- **EXERCISE INPUTS**
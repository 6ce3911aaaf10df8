-- ===== src/State/Range.antt =====
-- The squares that a player sees, as the fog of crates/crownline_core/src/state.rs promises them.
use crownline.Prelude.{
  ℕ, ◌+◌, ◌<◌, ◌≤◌, ◌≡◌, ◌↔◌, ◌⊎◌, ◌∙◌, inl, inr, refl, sym, ap, subst, true, false, ◌||◌, Option,
  none, some, List, [], ◌∷◌, map, arith, Bool-cases, any, keep, In, contains,
}
use crownline.Prelude.Map
use crownline.Prelude.Map.{Map}
use crownline.Scenario.Types.{
  Coord, coord_eq, Player, player_beq, player_beq_iff, FogRules, ScenarioDefinition,
}
use crownline.State.Types.{Piece, MatchState}
use crownline.State.Vision.{friendly, sees, visible_coordinates_unchecked}
use crownline.State.Sight.{in_sight, visible_coordinates_unchecked-contains}

-- Neither coordinate of the two squares differs by more than the radius.
abbrev pub Near : ℕ → Coord → Coord → Type 0
Near radius a b =
    (a.x ≤ b.x + radius) × (b.x ≤ a.x + radius) × (a.y ≤ b.y + radius) × (b.y ≤ a.y + radius)

-- One of the pieces is the player's and near the square.
abbrev pub Watches : ℕ → Player → Coord → Map Piece → Type 0
Watches radius player at pieces =
    (id : ℕ) × (piece : Piece) × In (id, piece) pieces
    × (piece.owner ≡ player)
    × Near radius piece.at at

abbrev pub InRange : Option FogRules → MatchState → Player → Coord → Type 0
InRange none state player at = Unit
InRange (some fog) state player at = Watches fog.vision_radius player at state.pieces

-- The square is on the board and, under fog, near one of the player's pieces.
abbrev pub Visible : ScenarioDefinition → MatchState → Player → Coord → Type 0
Visible scenario state player at =
    (at.x < scenario.board.width)
    × (at.y < scenario.board.height)
    × InRange scenario.rules.fog state player at

sees-Near : (radius : ℕ) (a b : Coord) → (sees radius a b ≡ true) ↔ Near radius a b
sees-Near radius a b = ground arith

friends : Player → Map Piece → List Coord
friends player pieces =
    map (λ piece. piece.at) (keep (λ piece. player_beq piece.owner player) (Map.values pieces))

friends-Watches :
    (radius : ℕ) (player : Player) (at : Coord) (pieces : Map Piece)
    → any (λ a. sees radius a at) (friends player pieces) ≡ true
    → Watches radius player at pieces
unfolding friends
friends-Watches radius player at [] h = cc
friends-Watches radius player at ((id, piece) ∷ rest) h =
    elim (Bool-cases (player_beq piece.owner player)) [
      | inl own ↦
          near own (Bool-cases (sees radius piece.at at)) (rw own at h)
            (friends-Watches radius player at rest)
      | inr other ↦ later (friends-Watches radius player at rest (rw other at h))
    ]
  where
    later : Watches radius player at rest → Watches radius player at ((id, piece) ∷ rest)
    later (i, p, k, own, close) = (i, p, inr k, own, close)

    near :
        player_beq piece.owner player ≡ true
        → (sees radius piece.at at ≡ true) ⊎ (sees radius piece.at at ≡ false)
        → (sees radius piece.at at || any (λ a. sees radius a at) (friends player rest)) ≡ true
        → (any (λ a. sees radius a at) (friends player rest) ≡ true → Watches radius player at rest)
        → Watches radius player at ((id, piece) ∷ rest)
    near own (inl close) k go = (
      id,
      piece,
      inl refl,
      (player_beq_iff piece.owner player).0 own,
      (sees-Near radius piece.at at).0 close,
    )
    near own (inr far) k go = later (go (rw far at k))

Watches-friends :
    (radius : ℕ) (player : Player) (at : Coord) (pieces : Map Piece)
    → Watches radius player at pieces
    → any (λ a. sees radius a at) (friends player pieces) ≡ true
unfolding friends
Watches-friends radius player at [] (id, piece, k, own, close) = absurd k.1
Watches-friends radius player at ((j, p) ∷ rest) (id, piece, inl same, own, close) =
    let mine : player_beq p.owner player ≡ true =
      (player_beq_iff p.owner player).1 (sym (ap (λ e. e.1.owner) same) ∙ own) in
    let seen : sees radius p.at at ≡ true =
      subst (λ e. sees radius e.1.at at ≡ true) same ((sees-Near radius piece.at at).1 close) in
    rw mine (rw seen refl)
Watches-friends radius player at ((j, p) ∷ rest) (id, piece, inr k, own, close) =
    let others = Watches-friends radius player at rest (id, piece, k, own, close) in
    elim (Bool-cases (player_beq p.owner player)) [
      | inl mine ↦ rw mine (ground (arith, others))
      | inr other ↦ rw other others
    ]

in_sight-InRange :
    (scenario : ScenarioDefinition) (state : MatchState) (player : Player) (at : Coord)
    → (in_sight scenario state player at ≡ true) ↔ InRange scenario.rules.fog state player at
unfolding friendly friends
in_sight-InRange scenario state player at = by scenario.rules.fog
  where
    by :
        (fog : Option FogRules)
        → (elim fog [
          | none ↦ true
          | some f ↦ any (λ a. sees f.vision_radius a at) (friendly state player)
        ]
            ≡ true)
          ↔ InRange fog state player at
    by none = (λ _. tt, λ _. refl)
    by (some f) = (
      friends-Watches f.vision_radius player at state.pieces,
      Watches-friends f.vision_radius player at state.pieces,
    )

-- A player sees exactly the squares of the board neither of whose coordinates differs by more than
-- the vision radius from those of one of the player's pieces, and without fog the whole board.
pub visible_coordinates_unchecked-Visible :
    (scenario : ScenarioDefinition) (state : MatchState) (player : Player) (at : Coord)
    → (contains (visible_coordinates_unchecked scenario state player) at ≡ true)
      ↔ Visible scenario state player at
visible_coordinates_unchecked-Visible scenario state player at =
    rw (visible_coordinates_unchecked-contains scenario state player at)
      (ground (arith, in_sight-InRange scenario state player at))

- **PROBLEM TO SOLVE**
Once you reach the line with "abbrev pub Visible" in the data above, copy it and every line after it exactly, up to and including the line with "friends : Player → Map Piece → List Coord".

- **TASK OUTPUT**
abbrev pub Visible : ScenarioDefinition → MatchState → Player → Coord → Type 0
Visible scenario state player at =
    (at.x < scenario.board.width)
    × (at.y < scenario.board.height)
    × InRange scenario.rules.fog state player at

sees-Near : (radius : ℕ) (a b : Coord) → (sees radius a b ≡ true) ↔ Near radius a b
sees-Near radius a b = ground arith

friends : Player → Map Piece → List Coord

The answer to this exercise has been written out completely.